THE PROBLEM:
Lines in the listing below that hold "UpdateRequest" are the ones to copy.

::::

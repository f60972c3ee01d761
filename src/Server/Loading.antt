-- ===== src/Server/Loading.antt =====
-- The execution context that a2asrv/agentexec.go loads starts from the task that is stored.
use a2a_go.Base.{
  ℕ, String, not, ◌&&◌, some, str_eq, ◌≡◌, inl, inr, refl, ◌∙◌, subst, arith, Bool-cases,
  Option-cases, Fault, Result, Result-cases, ok, err,
}
use a2a_go.Core.{Task, Message, message, terminal}
use a2a_go.Events.Apply.{apply_shallow_update}
use a2a_go.Events.Lifecycle.{apply_shallow_update-keeps_identity}
use a2a_go.TaskStore.Api.{StoredTask, UpdateRequest, Store}
use a2a_go.TaskUpdate.Laws.{IsStore, KeepsId}
use a2a_go.TaskExec.Subscription.{is_not_found}
use a2a_go.Proto.Sending.{SendMessageRequest}
use a2a_go.Server.Processor.{Setup}
use a2a_go.Server.Results.{InStore}
use a2a_go.Server.Context.{
  ExecutionContext, Factory, create_new_execution_context, resumed, in_history, update_history,
  resume, load_execution_context,
}

module _ (store : Store) (s : Setup store) (laws : IsStore store) (keeps : KeepsId s.materializer)
    (faithful : (t u : Task) → s.deep_copy t ≡ ok u → u ≡ t) where
  open store use {World}

  -- The context is for the processor's task, and the task that it starts from is the stored one.
  pub record IsLoaded (x : ExecutionContext) (w : World) : Type 0 where
    pub good : laws.Good w
    pub named : x.task_id ≡ s.task_id
    pub fresh : (st : StoredTask) → x.task ≡ some st → InStore store s laws w st.task st.version

  abbrev pub Loads : Result ExecutionContext × World → Type 0
  Loads o = laws.Good o.1 × ((x : ExecutionContext) → o.0 ≡ ok x → IsLoaded x o.1)

  new-Loads :
      (f : Factory) (req : SendMessageRequest) (m : Message) (w : World)
      → laws.Good w
      → Loads (ok (create_new_execution_context f s.task_id req m), w)
  unfolding create_new_execution_context
  new-Loads f req m w good = (
    good,
    λ x h.
        let is : create_new_execution_context f s.task_id req m ≡ x = ground arith in
        subst (λ (y : ExecutionContext). IsLoaded y w) is
          (record { good = good; named = refl; fresh = λ st n. absurd (ground arith) }),
  )

  resumed-Loads :
      (req : SendMessageRequest) (m : Message) (whole t : Task) (v : ℕ) (w : World)
      → laws.Good w
      → whole.id ≡ s.task_id
      → InStore store s laws w t v
      → Loads (ok (resumed req m whole t v), w)
  resumed-Loads req m whole t v w good named (st, read, is, at) = (
    good,
    λ x h.
        let same : resumed req m whole t v ≡ x = ground arith in
        subst (λ (y : ExecutionContext). IsLoaded y w) same
          (record {
            good = good;
            named = named;
            fresh = λ u n. (st, read, is ∙ ground arith, at ∙ ground arith);
          }),
  )

  failed-Loads : (e : Fault) (w : World) → laws.Good w → Loads (err e, w)
  failed-Loads e w good = (good, λ x h. absurd (ground arith))

  abbrev history_request : Task → Task → ℕ → Message → UpdateRequest
  history_request t u version m = record {
    task = u;
    event = message m;
    prev_task = t;
    prev_version = version;
  }

  -- what a successful update of the history has done
  update_history_ok :
      (t u : Task) (version v : ℕ) (m : Message) (w : World)
      → (update_history store s.materializer t version m w).0 ≡ ok (u, v)
      → let r = history_request t u version m in
        (s.materializer.apply_update t (message m) ≡ ok (some u))
        × ((store.update r w).0 ≡ ok v)
        × ((update_history store s.materializer t version m w).1 ≡ (store.update r w).1)
  unfolding update_history
  update_history_ok t u version v m w h =
      elim (Result-cases (s.materializer.apply_update t (message m))) [
        | inl (f, p) ↦ absurd (ground arith)
        | inr (o, p) ↦ elim (Option-cases o) [
          | inl n ↦ absurd (ground arith)
          | inr (x, n) ↦
              let q = store.update (history_request t x version m) w in
              elim (Result-cases q.0) [
                | inl (f, z) ↦ absurd (ground arith)
                | inr (k, z) ↦
                    let same : x ≡ u = ground arith in
                    let at : k ≡ v = ground arith in
                    let after : (update_history store s.materializer t version m w).1 ≡ q.1 =
                      ground arith in
                    subst
                      (λ (y : Task).
                        let r = history_request t y version m in
                        (s.materializer.apply_update t (message m) ≡ ok (some y))
                        × ((store.update r w).0 ≡ ok v)
                        × ((update_history store s.materializer t version m w).1
                            ≡ (store.update r w).1))
                      same (ground arith, ground arith, after)
              ]
        ]
      ]

  update_history-InStore :
      (t u : Task) (version v : ℕ) (m : Message) (w : World)
      → t.id ≡ s.task_id
      → (update_history store s.materializer t version m w).0 ≡ ok (u, v)
      → (u.id ≡ s.task_id)
        × InStore store s laws (update_history store s.materializer t version m w).1 u v
  update_history-InStore t u version v m w named h =
      let r = history_request t u version m in
      let (made, wrote, after) = update_history_ok t u version v m w h in
      let (st, read, is, at) = laws.get-update r w v wrote in
      let id = keeps t u (message m) made ∙ named in
      (
        id,
        rw after (
          st,
          subst (λ (j : String). (store.get j (store.update r w).1).0 ≡ ok st) id read,
          is,
          at,
        ),
      )

  update_history-good :
      (t : Task) (version : ℕ) (m : Message) (w : World)
      → laws.Good w
      → laws.Good (update_history store s.materializer t version m w).1
  unfolding update_history
  update_history-good t version m w good =
      let out = update_history store s.materializer t version m w in
      elim (Result-cases (s.materializer.apply_update t (message m))) [
        | inl (f, p) ↦ let is : w ≡ out.1 = ground arith in subst laws.Good is good
        | inr (o, p) ↦ elim (Option-cases o) [
          | inl n ↦ let is : w ≡ out.1 = ground arith in subst laws.Good is good
          | inr (u, n) ↦
              let q = store.update (history_request t u version m) w in
              let kept = laws.good-update (history_request t u version m) w good in
              elim (Result-cases q.0) [
                | inl (f, z) ↦ let is : q.1 ≡ out.1 = ground arith in subst laws.Good is kept
                | inr (k, z) ↦ let is : q.1 ≡ out.1 = ground arith in subst laws.Good is kept
              ]
        ]
      ]

  resume-Loads :
      (f : Factory) (req : SendMessageRequest) (m : Message) (st : StoredTask) (w : World)
      → laws.Good w
      → st.task.id ≡ s.task_id
      → InStore store s laws w st.task st.version
      → Loads (resume store s.materializer f s.task_id req m st w)
  unfolding resume
  resume-Loads f req m st w good named stored =
      let out = resume store s.materializer f s.task_id req m st w in
      elim (Bool-cases (not (str_eq m.task_id "") && not (str_eq m.task_id s.task_id))) [
        | inl a ↦ rw a (failed-Loads _ w good)
        | inr a ↦ elim (Bool-cases (f.is_nil_task st)) [
          | inl z ↦ rw (a, z) (failed-Loads _ w good)
          | inr z ↦
              elim (Bool-cases
                (not (str_eq m.context_id "") && not (str_eq m.context_id st.task.context_id))) [
                  | inl b ↦ rw (a, z, b) (failed-Loads _ w good)
                  | inr b ↦ elim (Bool-cases (terminal st.task.status.state)) [
                    | inl c ↦ rw (a, z, b, c) (failed-Loads _ w good)
                    | inr c ↦ elim (Bool-cases (in_history m st.task)) [
                      | inl d ↦
                          rw (a, z, b, c, d)
                            (resumed-Loads req m st.task st.task st.version w good named stored)
                      | inr d ↦
                          let h = update_history store s.materializer st.task st.version m w in
                          let kept = update_history-good st.task st.version m w good in
                          elim (Result-cases h.0) [
                            | inl (e, p) ↦
                                let is : (err e, h.1) ≡ out = ground arith in
                                subst Loads is (failed-Loads e h.1 kept)
                            | inr ((u, v), p) ↦
                                let (id, after) =
                                  update_history-InStore st.task u st.version v m w named p in
                                elim (Bool-cases s.materializer.returns_full_snapshot) [
                                  | inl r ↦
                                      let is : (ok (resumed req m u u v), h.1) ≡ out =
                                        ground arith in
                                      subst Loads is (resumed-Loads req m u u v h.1 kept id after)
                                  | inr r ↦
                                      elim (Result-cases
                                        (apply_shallow_update st.task (message m))) [
                                          | inl (e, q) ↦
                                              let is : (err e, h.1) ≡ out = ground arith in
                                              subst Loads is (failed-Loads e h.1 kept)
                                          | inr (whole, q) ↦
                                              let (_, same, _) =
                                                apply_shallow_update-keeps_identity st.task whole
                                                  (message m) q in
                                              let is : (ok (resumed req m whole u v), h.1) ≡ out =
                                                ground arith in
                                              subst Loads is (
                                                resumed-Loads req m whole u v h.1 kept
                                                  (same ∙ named) after)
                                        ]
                                ]
                          ]
                    ]
                  ]
                ]
        ]
      ]

  pub load_execution_context-Loads :
      (f : Factory) (req : SendMessageRequest) (m : Message) (w : World)
      → laws.Good w
      → Loads (load_execution_context store s.materializer f s.task_id req m w)
  unfolding load_execution_context
  load_execution_context-Loads f req m w good =
      let out = load_execution_context store s.materializer f s.task_id req m w in
      let g = store.get s.task_id w in
      let read_good = laws.good-get s.task_id w good in
      elim (Bool-cases (str_eq m.task_id "" && not f.task_retry_supported)) [
        | inl a ↦ rw a (new-Loads f req m w good)
        | inr a ↦ elim (Result-cases g.0) [
          | inl (e, p) ↦ elim (Bool-cases (str_eq m.task_id "" && is_not_found e)) [
            | inl b ↦
                let is : (ok (create_new_execution_context f s.task_id req m), g.1) ≡ out =
                  ground arith in
                subst Loads is (new-Loads f req m g.1 read_good)
            | inr b ↦
                let is : (err e, g.1) ≡ out = ground arith in
                subst Loads is (failed-Loads e g.1 read_good)
          ]
          | inr (st, p) ↦
              let (again, id) = laws.get-get s.task_id w st good p in
              let is : resume store s.materializer f s.task_id req m st g.1 ≡ out = ground arith in
              subst Loads is (resume-Loads f req m st g.1 read_good id (st, again, refl, refl))
        ]
      ]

::::

ANSWER BELOW:
use a2a_go.TaskStore.Api.{StoredTask, UpdateRequest, Store}
  abbrev history_request : Task → Task → ℕ → Message → UpdateRequest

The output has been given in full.